The reason we treat the WP URLs differently is that, if you've noticed, they're all URLs which can take parameters that perform actions in WordPress. There's more than a decent chance that someone accessing those WP URLs is not just probing for something forgotten on your site, but actively trying to attack it. Therefore, it makes sense to spend some resources to block them entirely, confusing them in the process as to what kind of site they were trying to attack.

As to whether there's any SEO benefit from blocking spammy URLs: none, whatsoever. These are 404s anyway. They don't participate in search engine results.

Now, about importing.

There is no easy way to import hundreds of URLs into 404Shield. Its configuration is part of the WAF configuration which is a JSON document stored in the #__admintools_storage table under the key cparms. Depending on the MySQL / MariaDB version you have you could create an UPDATE query targeting the $.404shield array in the JSON document.

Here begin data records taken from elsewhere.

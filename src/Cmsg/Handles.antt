-- ===== src/Cmsg/Handles.antt =====
-- python/rsyscall/handle/fd.py, called by CmsgSCMRights.from_data: the handles of the file descriptors
-- that are received.
use rsyscall.Base.{
  ℕ, ◌+◌, ◌<◌, ◌≡◌, refl, sym, ◌∙◌, subst, true, false, List, [], ◌∷◌, ◌++◌, none, some, arith, has,
  length,
}
use rsyscall.Handle.Fd.{Fds, ok, err, already_known, make_fd_handle, make_from_near}
use rsyscall.Handle.Fd.Tracking.{track}
use rsyscall.Handle.Fd.Lifecycle.{make_from_near-eq}

-- The task `k` knows none of the numbers, and they differ.
abbrev pub Unknown : Fds → ℕ → List ℕ → Type 0
Unknown s k [] = Unit {0}
Unknown s k (n ∷ l) =
    (s.near_to_handles (s.fd_table k) n ≡ none) × (has n l ≡ false) × Unknown s k l

-- `h` is a valid handle of the task `k` for the file descriptor `n`.
abbrev pub Denotes : Fds → ℕ → ℕ → ℕ → Type 0
Denotes s k h n = (s.task h ≡ k) × (s.near h ≡ n) × (s.valid h ≡ true)

abbrev pub AllDenote : Fds → ℕ → List ℕ → List ℕ → Type 0
AllDenote s k [] [] = Unit {0}
AllDenote s k [] (n ∷ l) = ⊥
AllDenote s k (h ∷ handles) [] = ⊥
AllDenote s k (h ∷ handles) (n ∷ l) = Denotes s k h n × AllDenote s k handles l

abbrev pub EntriesDenote : Fds → ℕ → List (List ℕ) → List (List ℕ) → Type 0
EntriesDenote s k [] [] = Unit {0}
EntriesDenote s k [] (n ∷ l) = ⊥
EntriesDenote s k (h ∷ handles) [] = ⊥
EntriesDenote s k (h ∷ handles) (n ∷ l) = AllDenote s k h n × EntriesDenote s k handles l

abbrev pub flat : List (List ℕ) → List ℕ
flat [] = []
flat (x ∷ l) = x ++ flat l

-- The handles that are made for the numbers, and the state then.
abbrev pub handles_from : ℕ → List ℕ → List ℕ
handles_from h [] = []
handles_from h (n ∷ l) = h ∷ handles_from (h + 1) l

abbrev pub entries_from : ℕ → List (List ℕ) → List (List ℕ)
entries_from h [] = []
entries_from h (x ∷ l) = handles_from h x ∷ entries_from (h + length x) l

abbrev pub made : ℕ → List ℕ → Fds → Fds
made k [] s = s
made k (n ∷ l) s = made k l (track k n s)

pub made-append : (k : ℕ) (x y : List ℕ) (s : Fds) → made k (x ++ y) s ≡ made k y (made k x s)
made-append k [] y s = refl
made-append k (n ∷ x) y s = made-append k x y (track k n s)

pub next-made : (k : ℕ) (l : List ℕ) (s : Fds) → (made k l s).next ≡ s.next + length l
next-made k [] s = omega arith
next-made k (n ∷ l) s = next-made k l (track k n s) ∙ omega arith

pub manipulating-made :
    (k : ℕ) (l : List ℕ) (s : Fds) → (made k l s).manipulating_fd_table ≡ s.manipulating_fd_table
manipulating-made k [] s = refl
manipulating-made k (n ∷ l) s = manipulating-made k l (track k n s)

pub make_fd_handle-track :
    (k n : ℕ) (s : Fds)
    → s.manipulating_fd_table k ≡ false
    → s.near_to_handles (s.fd_table k) n ≡ none
    → make_fd_handle k n s ≡ (ok s.next, track k n s)
unfolding make_fd_handle
make_fd_handle-track k n s m e =
    let unknown : make_fd_handle k n s ≡ make_from_near k n s = rw (e, make_fd_handle) refl in
    unknown ∙ make_from_near-eq k n s m

pub make_fd_handle-known :
    (k n : ℕ) (known : List ℕ) (s : Fds)
    → s.near_to_handles (s.fd_table k) n ≡ some known
    → make_fd_handle k n s ≡ (err already_known, s)
unfolding make_fd_handle
make_fd_handle-known k n known s e = rw (e, make_fd_handle) refl

pub track-Unknown :
    (k n : ℕ) (l : List ℕ) (s : Fds) → has n l ≡ false → Unknown s k l → Unknown (track k n s) k l
track-Unknown k n [] s h u = tt
track-Unknown k n (m ∷ l) s h (e, f, u) =
    (ground (arith, e, h), f, track-Unknown k n l s (ground (arith, h)) u)

has-left : (n : ℕ) (x y : List ℕ) → has n (x ++ y) ≡ false → has n x ≡ false
has-left n [] y h = refl
has-left n (m ∷ x) y h = ground (arith, h, has-left n x y)

pub Unknown-left : (k : ℕ) (x y : List ℕ) (s : Fds) → Unknown s k (x ++ y) → Unknown s k x
Unknown-left k [] y s u = tt
Unknown-left k (n ∷ x) y s (e, f, u) = (e, has-left n x y f, Unknown-left k x y s u)

pub Unknown-made :
    (k : ℕ) (x y : List ℕ) (s : Fds) → Unknown s k (x ++ y) → Unknown (made k x s) k y
Unknown-made k [] y s u = u
Unknown-made k (n ∷ x) y s (e, f, u) =
    Unknown-made k x y (track k n s) (track-Unknown k n (x ++ y) s f u)

-- A handle that is there denotes what it did.
Denotes-made :
    (k j h m : ℕ) (l : List ℕ) (s : Fds) → h < s.next → Denotes s j h m → Denotes (made k l s) j h m
Denotes-made k j h m [] s lt d = d
Denotes-made k j h m (n ∷ l) s lt d =
    Denotes-made k j h m l (track k n s) (omega (arith, lt)) (ground (arith, lt, d))

AllDenote-handles_from :
    (k : ℕ) (x y : List ℕ) (s : Fds) → AllDenote (made k (x ++ y) s) k (handles_from s.next x) x
AllDenote-handles_from k [] y s = tt
AllDenote-handles_from k (n ∷ x) y s = (
  Denotes-made k k s.next n (x ++ y) (track k n s) (omega arith) (ground arith),
  AllDenote-handles_from k x y (track k n s),
)

pub EntriesDenote-entries_from :
    (k : ℕ) (l : List (List ℕ)) (s : Fds)
    → EntriesDenote (made k (flat l) s) k (entries_from s.next l) l
EntriesDenote-entries_from k [] s = tt
EntriesDenote-entries_from k (x ∷ l) s = (
  AllDenote-handles_from k x (flat l) s,
  subst (λ t. EntriesDenote t k (entries_from (s.next + length x) l) l)
      (sym (made-append k x (flat l) s))
      (subst (λ n. EntriesDenote (made k (flat l) (made k x s)) k (entries_from n l) l)
        (next-made k x s) (EntriesDenote-entries_from k l (made k x s))),
)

Likewise, there is no easy way to import anything to the .htaccess Maker for the same reason.

You can, however, export all your Admin Tools settings to a JSON file and edit that file. Remove all the keys you don't want to be modified. Update the keys you do want to modify. Now import the resulting file into another Admin Tools installation and these keys from the file are immediately replaced by the contents of the file. Therefore, you get what you asked for, just a bit indirectly. This is what I am doing when updating dev sites across a fairly large number of environments (there are a lot of physical machines, live hosts, and containerised installations I use for development, validation, and debugging). We even expose those things in the CLI to make automated deployments, e.g. using Ansible, Chef, Puppet, etc possible.

Nicholas K. Dionysopoulos

Lead Developer and Director

🇬🇷Greek: native 🇬🇧English: excellent 🇫🇷French: basic • 🕐 My time zone is Europe / Athens
Please keep in mind my timezone and cultural differences when reading my replies. Thank you!

UglyEoin

Awesome, that solution could work, thanks, appreciate you taking the time to give me a solution.

nicholas
Akeeba Staff
Manager

You're welcome!

Nicholas K. Dionysopoulos

Lead Developer and Director

🇬🇷Greek: native 🇬🇧English: excellent 🇫🇷French: basic • 🕐 My time zone is Europe / Athens
Please keep in mind my timezone and cultural differences when reading my replies. Thank you!